No one wins in a trade war, even when you try to fix it with a bandage. So, the $12-billion trade compensation package falls short of helping farmers at a time when they need markets and higher commodity prices after five years of a depressed farm economy.

This trade aid package mocks the notion — one we support strongly — that U.S. farmers, foreign consumers and the world in general are better off when government gets out of the way.

Many in agriculture have labored for decades to develop and expand international markets for their products. It has taken millions of dollars and countless hours to build relationships that have led to U.S. sales.

The American Soybean Association opened its first trade office in Beijing more than 35 years ago. The ASA worked to build China into its top customer and has maintained that market by being a reliable supplier. The trade war has dismantled those years of work in just a few weeks. What dollar amount can be put on those future losses?

Trade wars have long tails, to which many who came through the Carter Grain Embargo can attest. That led to Russia and the Black Sea region becoming the top wheat export region in the world, taking market share from the U.S.

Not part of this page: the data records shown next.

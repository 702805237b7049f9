-- ===== src/Timekeeping/Returning.antt =====
-- The arithmetic of timekeeping.rs never panics in a build that wraps around on overflow.
use linux_kernel_development.Prelude.{
  ℕ, ◌+◌, ◌-◌, ◌*◌, ◌/◌, ◌%◌, ◌^◌, ◌≡◌, ◌∙◌, refl, arith, bit_and,
}
use linux_kernel_development.Prelude.{false, Bool-cases, inl, inr, ltb, leb, ◌==◌}
use linux_kernel_development.Prelude.{Outcome, ok, ◌>>=◌, >>=-of_ok}
use linux_kernel_development.Build.{Build, add64, sub64, mul64}
use linux_kernel_development.Timekeeping.{
  shr64, clocksource_delta, timekeeping_delta_to_ns, time_of,
}

-- A call that does not panic.
abbrev pub Returns : {A : Type 0} → Outcome A → Type 0
Returns {A} m = (a : A) × (m ≡ ok a)

Returns->>= :
    {A B : Type 0} {m : Outcome A} {f : A → Outcome B}
    → Returns m
    → ((a : A) → Returns (f a))
    → Returns (m >>= f)
Returns->>= {f = f} (a, first) rest =
    let (result, second) = rest a in (result, >>=-of_ok f first ∙ second)

-- Without overflow checks, no operation on words panics.
module _ (b : Build) (wraps : b.overflow_checks ≡ false) where
  add64-Returns : (x y : ℕ) → Returns (add64 b x y)
  unfolding add64
  add64-Returns x y = elim (Bool-cases (ltb (x + y) (2 ^ 64))) [
    | inl fits ↦ (x + y, ground (arith, fits))
    | inr over ↦ ((x + y) % 2 ^ 64, ground (arith, over, wraps))
  ]

  sub64-Returns : (x y : ℕ) → Returns (sub64 b x y)
  unfolding sub64
  sub64-Returns x y = elim (Bool-cases (leb y x)) [
    | inl fits ↦ (x - y, ground (arith, fits))
    | inr over ↦ ((x + 2 ^ 64 - y) % 2 ^ 64, ground (arith, over, wraps))
  ]

  mul64-Returns : (x y : ℕ) → Returns (mul64 b x y)
  unfolding mul64
  mul64-Returns x y = elim (Bool-cases (ltb (x * y) (2 ^ 64))) [
    | inl fits ↦ (x * y, ground (arith, fits))
    | inr over ↦ (x * y % 2 ^ 64, ground (arith, over, wraps))
  ]

  shr64-Returns : (x k : ℕ) → Returns (shr64 b x k)
  unfolding shr64
  shr64-Returns x k = elim (Bool-cases (ltb k 64)) [
    | inl fits ↦ (x / 2 ^ k, ground (arith, fits))
    | inr over ↦ (x / 2 ^ (k % 64), ground (arith, over, wraps))
  ]

  clocksource_delta-Returns :
      (validate now last mask : ℕ) → Returns (clocksource_delta b validate now last mask)
  unfolding clocksource_delta
  clocksource_delta-Returns validate now last mask =
      Returns->>= (sub64-Returns now last) (λ difference. elim (Bool-cases (validate == 0)) [
        | inl off ↦
            rw off (Returns->>= (sub64-Returns now last) (λ again. (bit_and again mask, refl)))
        | inr on ↦
            rw on
              (elim (Bool-cases (bit_and (bit_and difference mask) (2 ^ 64 - 1 - mask / 2) == 0)) [
                | inl small ↦ (bit_and difference mask, ground (arith, small))
                | inr large ↦ (0, ground (arith, large))
              ])
      ])

  pub time_of-Returns :
      (validate base cycles cycle_last mask mult xtime_nsec shift : ℕ)
      → Returns (time_of b validate base cycles cycle_last mask mult xtime_nsec shift)
  unfolding time_of timekeeping_delta_to_ns
  time_of-Returns validate base cycles cycle_last mask mult xtime_nsec shift =
      Returns->>= (clocksource_delta-Returns validate cycles cycle_last mask) (λ delta.
        Returns->>=
          (Returns->>= (mul64-Returns delta mult) (λ product.
            Returns->>= (add64-Returns product xtime_nsec) (λ nsec. shr64-Returns nsec shift)))
          (λ nsec. add64-Returns base nsec))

The Trump administration is trying to alleviate some of the pain Trump's policies have caused. But a $12 billion bandage for a wound of his making is still a bandage. Now, with congressional elections nearing, Trump wants us to focus on the bandage. Far better, we think, if he would focus on the wound.

Details of the trade aid, intended to make up for market losses, are still sketchy. U.S. Agriculture Secretary Sonny Perdue announced the program would include direct payments, government food purchases and additional dollars for trade promotion, with payment calculations released by Labor Day.

Our sources believe the direct payments will be between $7 billion and $8 billion. Those payments will be based on 2018 production and, for soybean farmers, could result in payments of between $1.10 to $1.50 per bushel. However, many farmers have questioned how market losses can be assessed equitably since some farmers sold crop ahead while others didn't. They also are questioning if these payments will be adequate if the soybean market continues to stay depressed.

Soybean farmers aren't the only ones hurt by the trade war. It has impacted the dairy, cotton, corn, wheat, sorghum and pork sectors. Iowa State University research has indicated U.S. pork producers lost $18 per head on market hogs from the time the tariffs were first discussed in March through May. This includes tariffs imposed by Mexico, now at 20 percent on U.S. pork, and 62 percent tariffs from Canada.

The largest and most economically viable farmers will suffer with the rest, but they'll be there after some of their smaller, younger farmers fall away. One Minnesota dairy farmer privately tells us he's losing $30,000 a month but will probably survive to pick up the pieces after smaller farmers have fallen.

While a trade compensation package on the surface may seem like a positive move by the Trump administration, it will be too little too late for many farmers who are financially strapped after five years of low commodity prices. These farmers will become casualties of the trade war and won't be around to see the great outcome Trump is promising.